Zweitens stellte sie Pläne für eine große europäische Investitionsinitiative in Grönland in Zusammenarbeit mit den dänischen Behörden vor, um die lokale Wirtschaftsentwicklung und Infrastruktur zu unterstützen.
Drittens verpflichtete sich von der Leyen dazu, die arktische Zusammenarbeit mit den USA und anderen Partnern zu stärken, einschließlich einer möglichen europäischen Eisbrecherkapazität, unterstützt durch höhere Verteidigungsausgaben.

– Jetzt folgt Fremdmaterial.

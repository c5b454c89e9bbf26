-- ===== src/Store/Examples.antt =====
-- A store after a few operations, and the theorems at it.
use access_kit.Prelude.{String, some, ◌≡◌, ◌≢◌, refl, In, arith, eq_iff}
use access_kit.JsMap
use access_kit.Store.Graph.{
  Graph, empty_graph, upsert_relationship, delete_relationship, get_relationship,
  list_relationships, list_relationships_for_subject,
}
use access_kit.Store.Index.{
  Reachable, fresh_store, upsert_relationship_step, as_deleted, of_subject, Reachable-IsIndexed,
  delete_relationship-upsert, list_relationships_for_subject-list_relationships,
}
use access_kit.Store.Index.Agreement.{IsIndexed}
use access_kit.Decision.Examples.{edge}

-- An edge moves from Alice to Bob, under its old id.
abbrev moved : Graph
moved =
    upsert_relationship (upsert_relationship empty_graph (edge "e1" "alice" "reader" "plan"))
      (edge "e1" "bob" "reader" "plan")

moved-Reachable : Reachable moved
moved-Reachable =
    upsert_relationship_step (edge "e1" "bob" "reader" "plan")
      (upsert_relationship_step (edge "e1" "alice" "reader" "plan") fresh_store)

Reachable-IsIndexed_example : IsIndexed moved
Reachable-IsIndexed_example = Reachable-IsIndexed moved moved-Reachable

moved-IsIndexed : IsIndexed moved
moved-IsIndexed = Reachable-IsIndexed moved moved-Reachable

moved_edge : get_relationship moved "e1" ≡ some (edge "e1" "bob" "reader" "plan")
unfolding get_relationship JsMap.get upsert_relationship JsMap.set empty_graph
moved_edge = refl

delete_relationship-upsert_example : delete_relationship moved "e1" "3" ≡ (
  upsert_relationship moved (as_deleted (edge "e1" "bob" "reader" "plan") "3"),
  some (as_deleted (edge "e1" "bob" "reader" "plan") "3"),
)
delete_relationship-upsert_example =
    delete_relationship-upsert moved "e1" "3" (edge "e1" "bob" "reader" "plan") moved-IsIndexed
      moved_edge

abbrev bob : String
bob = "bob"

bob_text : bob ≢ ""
bob_text e = ground (arith, e, eq_iff bob "")

list_relationships_for_subject-list_relationships_example :
    (In (edge "e1" "bob" "reader" "plan") (list_relationships_for_subject moved "bob")
      → In (edge "e1" "bob" "reader" "plan") (list_relationships moved (of_subject "bob")))
    × (In (edge "e1" "bob" "reader" "plan") (list_relationships moved (of_subject "bob"))
        → In (edge "e1" "bob" "reader" "plan") (list_relationships_for_subject moved "bob"))
list_relationships_for_subject-list_relationships_example =
    list_relationships_for_subject-list_relationships moved "bob" (edge "e1" "bob" "reader" "plan")
      moved-Reachable bob_text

Die Märkte bleiben vorsichtig
Trotz der positiven Daten weiteten die europäischen Aktienindizes am Dienstag ihre Verluste aus, was die Beunruhigung der Anleger über die sich verschlechternden Handelsaussichten widerspiegelte.
Der gesamteuropäische STOXX 50 fiel um über 1 %, was zu dem Rückgang von 1,3 % am Montag beitrug. Der breiter gefasste STOXX 600 verlor 1,3 %. Wichtige Indizes wie der deutsche DAX, der französische CAC 40 und der italienische FTSE MIB gaben jeweils um 1,3 % nach.
Bekannte Unternehmen wie LVMH, Siemens und Novo Nordisk gaben um rund 3 % nach.